§ **Work order**
Write out the full set of records below exactly.

§ **Supplied material**
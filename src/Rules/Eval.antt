-- ===== src/Rules/Eval.antt =====
-- The naive fixpoint of crates/aa-rules/src/eval.rs. The loop of `evaluate` takes fuel.
use prolog_forge.Prelude.{
  ℕ, zero, suc, ◌+◌, List, [], ◌∷◌, ◌++◌, Option, none, some, Bool, not, ◌&&◌, ◌==◌, nat_eq,
  list_eq, Str, elem, map_get, map_insert, filter_map, if◌then◌else◌, Result, ok, err, ◌>>=◌,
}
use prolog_forge.Graph.Fact.{Fact, FactLayer, fact_eq}
use prolog_forge.Graph.Store.{GraphStore, GraphError, contains, insert}
use prolog_forge.Graph.Unify as GraphUnify
use prolog_forge.Graph.Unify.{Binding, Pattern, matches}
use prolog_forge.Rules.Ast.{Term, const, var, Atom, Rule}

pub record EvalStats : Type 0 where
  pub derived : ℕ
  pub iterations : ℕ

pub data EvalError : Type 0 where
  unbound_head_var : Str → EvalError
  graph : GraphError → EvalError

-- `merge`: the entries of `add` one by one, over a clone of `base`.
unfoldable pub merge_entry : Option Str → Str → Str → Binding → Option Binding
merge_entry (some prev) k v out = if prev == v then some out else none
merge_entry none k v out = some (map_insert k v out)

unfoldable pub merge : Binding → Binding → Option Binding
unfolding merge_entry
merge out [] = some out
merge out ((k, v) ∷ add) = elim (merge_entry (map_get k out) k v out) [
  | none ↦ none
  | some out' ↦ merge out' add
]

unfoldable pub bound_or_var : Option Str → Str → GraphUnify.Term
bound_or_var (some val) v = GraphUnify.atom val
bound_or_var none v = GraphUnify.var v

unfoldable pub to_pattern_args : List Term → Binding → List GraphUnify.Term
unfolding bound_or_var
to_pattern_args [] b = []
to_pattern_args (const c ∷ ts) b = GraphUnify.atom c ∷ to_pattern_args ts b
to_pattern_args (var v ∷ ts) b = bound_or_var (map_get v b) v ∷ to_pattern_args ts b

unfoldable pub to_pattern_with_binding : Atom → Binding → Pattern
unfolding to_pattern_args
to_pattern_with_binding a b = record { predicate = a.predicate; args = to_pattern_args a.args b }

-- The two inner loops of `solve_body`: the matches of one binding, and the bindings of one atom.
unfoldable pub merge_all : Binding → List Binding → List Binding
unfolding merge filter_map
merge_all b ms = filter_map (merge b) ms

unfoldable pub extend_all : Atom → GraphStore → List Binding → List Binding
unfolding merge_all
extend_all a s [] = []
extend_all a s (b ∷ bs) = merge_all b (matches (to_pattern_with_binding a b) s) ++ extend_all a s bs

unfoldable pub solve_from : List Binding → List Atom → GraphStore → List Binding
unfolding extend_all
solve_from bindings [] s = bindings
solve_from bindings (a ∷ body) s = solve_from (extend_all a s bindings) body s

unfoldable pub solve_body : List Atom → GraphStore → List Binding
unfolding solve_from
solve_body body s = solve_from ([] ∷ []) body s

unfoldable pub bound_or_err : Str → Option Str → Result EvalError Str
bound_or_err v (some val) = ok val
bound_or_err v none = err (unbound_head_var v)

-- `collect` of the results stops at the first error.
unfoldable pub instantiate_args : List Term → Binding → Result EvalError (List Str)
unfolding bound_or_err
instantiate_args [] b = ok []
instantiate_args (const c ∷ ts) b = do rest ← instantiate_args ts b; ok (c ∷ rest)
instantiate_args (var v ∷ ts) b = do
  val ← bound_or_err v (map_get v b)
  rest ← instantiate_args ts b
  ok (val ∷ rest)

unfoldable pub instantiate_head : Atom → Binding → Result EvalError Fact
unfolding instantiate_args
instantiate_head head b = do
  args ← instantiate_args head.args b
  ok (record { predicate = head.predicate; args = args; layer = FactLayer.inferred })

-- `if !store.contains(&fact) && !batch.contains(&fact) { batch.push(fact) }`.
unfoldable pub push_new : GraphStore → Fact → List Fact → List Fact
push_new s fact batch =
    if not (contains s fact) && not (elem fact batch) then batch ++ fact ∷ [] else batch

-- One rule's part of a round, and the round over all rules.
unfoldable pub fire_bindings :
    Atom → GraphStore → List Binding → List Fact → Result EvalError (List Fact)
unfolding push_new
fire_bindings head s [] batch = ok batch
fire_bindings head s (b ∷ bs) batch = do
  fact ← instantiate_head head b
  fire_bindings head s bs (push_new s fact batch)

unfoldable pub fire_rules : List Rule → GraphStore → List Fact → Result EvalError (List Fact)
unfolding fire_bindings
fire_rules [] s batch = ok batch
fire_rules (r ∷ rs) s batch = do
  batch' ← fire_bindings r.head s (solve_body r.body s) batch
  fire_rules rs s batch'

-- `for f in batch { if store.insert(f)? { derived += 1 } }`: what was inserted before an error stays.
unfoldable pub add_derived : Bool → EvalStats → EvalStats
add_derived new stats = if new then record stats { derived = stats.derived + 1 } else stats

unfoldable pub insert_batch :
    List Fact → EvalStats → GraphStore → Result EvalError EvalStats × GraphStore
unfolding add_derived
insert_batch [] stats s = (ok stats, s)
insert_batch (f ∷ fs) stats s =
    let (r, s') = insert f s in
    elim r [ ok new ↦ insert_batch fs (add_derived new stats) s' | err e ↦ (err (graph e), s') ]

abbrev pub next_round : EvalStats → EvalStats
next_round stats = record stats { iterations = stats.iterations + 1 }

-- `none` is a run out of fuel.
unfoldable pub evaluate_loop :
    ℕ → List Rule → EvalStats → GraphStore → Option (Result EvalError EvalStats × GraphStore)
unfolding fire_rules insert_batch
evaluate_loop zero rules stats s = none
evaluate_loop (suc fuel) rules stats s = elim (fire_rules rules s []) [
  | err e ↦ some (err e, s)
  | ok [] ↦ some (ok (next_round stats), s)
  | ok (f ∷ fs) ↦
      let (r, s') = insert_batch (f ∷ fs) (next_round stats) s in
      elim r [ err e ↦ some (err e, s') | ok stats' ↦ evaluate_loop fuel rules stats' s' ]
]

abbrev pub no_stats : EvalStats
no_stats = record { derived = 0; iterations = 0 }

unfoldable pub evaluate :
    ℕ → List Rule → GraphStore → Option (Result EvalError EvalStats × GraphStore)
unfolding evaluate_loop
evaluate fuel rules s = evaluate_loop fuel rules no_stats s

§ **Expected output**
filename src/Rules/Eval.antt
-- ===== src/Rules/Eval.antt =====
-- The naive fixpoint of crates/aa-rules/src/eval.rs. The loop of `evaluate` takes fuel.
use prolog_forge.Prelude.{
  ℕ, zero, suc, ◌+◌, List, [], ◌∷◌, ◌++◌, Option, none, some, Bool, not, ◌&&◌, ◌==◌, nat_eq,
  list_eq, Str, elem, map_get, map_insert, filter_map, if◌then◌else◌, Result, ok, err, ◌>>=◌,
}
use prolog_forge.Graph.Fact.{Fact, FactLayer, fact_eq}
use prolog_forge.Graph.Store.{GraphStore, GraphError, contains, insert}
use prolog_forge.Graph.Unify as GraphUnify
use prolog_forge.Graph.Unify.{Binding, Pattern, matches}
use prolog_forge.Rules.Ast.{Term, const, var, Atom, Rule}

pub record EvalStats : Type 0 where
  pub derived : ℕ
  pub iterations : ℕ

pub data EvalError : Type 0 where
  unbound_head_var : Str → EvalError
  graph : GraphError → EvalError

-- `merge`: the entries of `add` one by one, over a clone of `base`.
unfoldable pub merge_entry : Option Str → Str → Str → Binding → Option Binding
merge_entry (some prev) k v out = if prev == v then some out else none
merge_entry none k v out = some (map_insert k v out)

unfoldable pub merge : Binding → Binding → Option Binding
unfolding merge_entry
merge out [] = some out
merge out ((k, v) ∷ add) = elim (merge_entry (map_get k out) k v out) [
  | none ↦ none
  | some out' ↦ merge out' add
]

unfoldable pub bound_or_var : Option Str → Str → GraphUnify.Term
bound_or_var (some val) v = GraphUnify.atom val
bound_or_var none v = GraphUnify.var v

unfoldable pub to_pattern_args : List Term → Binding → List GraphUnify.Term
unfolding bound_or_var
to_pattern_args [] b = []
to_pattern_args (const c ∷ ts) b = GraphUnify.atom c ∷ to_pattern_args ts b
to_pattern_args (var v ∷ ts) b = bound_or_var (map_get v b) v ∷ to_pattern_args ts b

unfoldable pub to_pattern_with_binding : Atom → Binding → Pattern
unfolding to_pattern_args
to_pattern_with_binding a b = record { predicate = a.predicate; args = to_pattern_args a.args b }

-- The two inner loops of `solve_body`: the matches of one binding, and the bindings of one atom.
unfoldable pub merge_all : Binding → List Binding → List Binding
unfolding merge filter_map
merge_all b ms = filter_map (merge b) ms

unfoldable pub extend_all : Atom → GraphStore → List Binding → List Binding
unfolding merge_all
extend_all a s [] = []
extend_all a s (b ∷ bs) = merge_all b (matches (to_pattern_with_binding a b) s) ++ extend_all a s bs

unfoldable pub solve_from : List Binding → List Atom → GraphStore → List Binding
unfolding extend_all
solve_from bindings [] s = bindings
solve_from bindings (a ∷ body) s = solve_from (extend_all a s bindings) body s

unfoldable pub solve_body : List Atom → GraphStore → List Binding
unfolding solve_from
solve_body body s = solve_from ([] ∷ []) body s

unfoldable pub bound_or_err : Str → Option Str → Result EvalError Str
bound_or_err v (some val) = ok val
bound_or_err v none = err (unbound_head_var v)

-- `collect` of the results stops at the first error.
unfoldable pub instantiate_args : List Term → Binding → Result EvalError (List Str)
unfolding bound_or_err
instantiate_args [] b = ok []
instantiate_args (const c ∷ ts) b = do rest ← instantiate_args ts b; ok (c ∷ rest)
instantiate_args (var v ∷ ts) b = do
  val ← bound_or_err v (map_get v b)
  rest ← instantiate_args ts b
  ok (val ∷ rest)

unfoldable pub instantiate_head : Atom → Binding → Result EvalError Fact
unfolding instantiate_args
instantiate_head head b = do
  args ← instantiate_args head.args b
  ok (record { predicate = head.predicate; args = args; layer = FactLayer.inferred })

-- `if !store.contains(&fact) && !batch.contains(&fact) { batch.push(fact) }`.
unfoldable pub push_new : GraphStore → Fact → List Fact → List Fact
push_new s fact batch =
    if not (contains s fact) && not (elem fact batch) then batch ++ fact ∷ [] else batch

-- One rule's part of a round, and the round over all rules.
unfoldable pub fire_bindings :
    Atom → GraphStore → List Binding → List Fact → Result EvalError (List Fact)
unfolding push_new
fire_bindings head s [] batch = ok batch
fire_bindings head s (b ∷ bs) batch = do
  fact ← instantiate_head head b
  fire_bindings head s bs (push_new s fact batch)

unfoldable pub fire_rules : List Rule → GraphStore → List Fact → Result EvalError (List Fact)
unfolding fire_bindings
fire_rules [] s batch = ok batch
fire_rules (r ∷ rs) s batch = do
  batch' ← fire_bindings r.head s (solve_body r.body s) batch
  fire_rules rs s batch'

-- `for f in batch { if store.insert(f)? { derived += 1 } }`: what was inserted before an error stays.
unfoldable pub add_derived : Bool → EvalStats → EvalStats
add_derived new stats = if new then record stats { derived = stats.derived + 1 } else stats

unfoldable pub insert_batch :
    List Fact → EvalStats → GraphStore → Result EvalError EvalStats × GraphStore
unfolding add_derived
insert_batch [] stats s = (ok stats, s)
insert_batch (f ∷ fs) stats s =
    let (r, s') = insert f s in
    elim r [ ok new ↦ insert_batch fs (add_derived new stats) s' | err e ↦ (err (graph e), s') ]

abbrev pub next_round : EvalStats → EvalStats
next_round stats = record stats { iterations = stats.iterations + 1 }

-- `none` is a run out of fuel.
unfoldable pub evaluate_loop :
    ℕ → List Rule → EvalStats → GraphStore → Option (Result EvalError EvalStats × GraphStore)
unfolding fire_rules insert_batch
evaluate_loop zero rules stats s = none
evaluate_loop (suc fuel) rules stats s = elim (fire_rules rules s []) [
  | err e ↦ some (err e, s)
  | ok [] ↦ some (ok (next_round stats), s)
  | ok (f ∷ fs) ↦
      let (r, s') = insert_batch (f ∷ fs) (next_round stats) s in
      elim r [ err e ↦ some (err e, s') | ok stats' ↦ evaluate_loop fuel rules stats' s' ]
]

abbrev pub no_stats : EvalStats
no_stats = record { derived = 0; iterations = 0 }

unfoldable pub evaluate :
    ℕ → List Rule → GraphStore → Option (Result EvalError EvalStats × GraphStore)
unfolding evaluate_loop
evaluate fuel rules s = evaluate_loop fuel rules no_stats s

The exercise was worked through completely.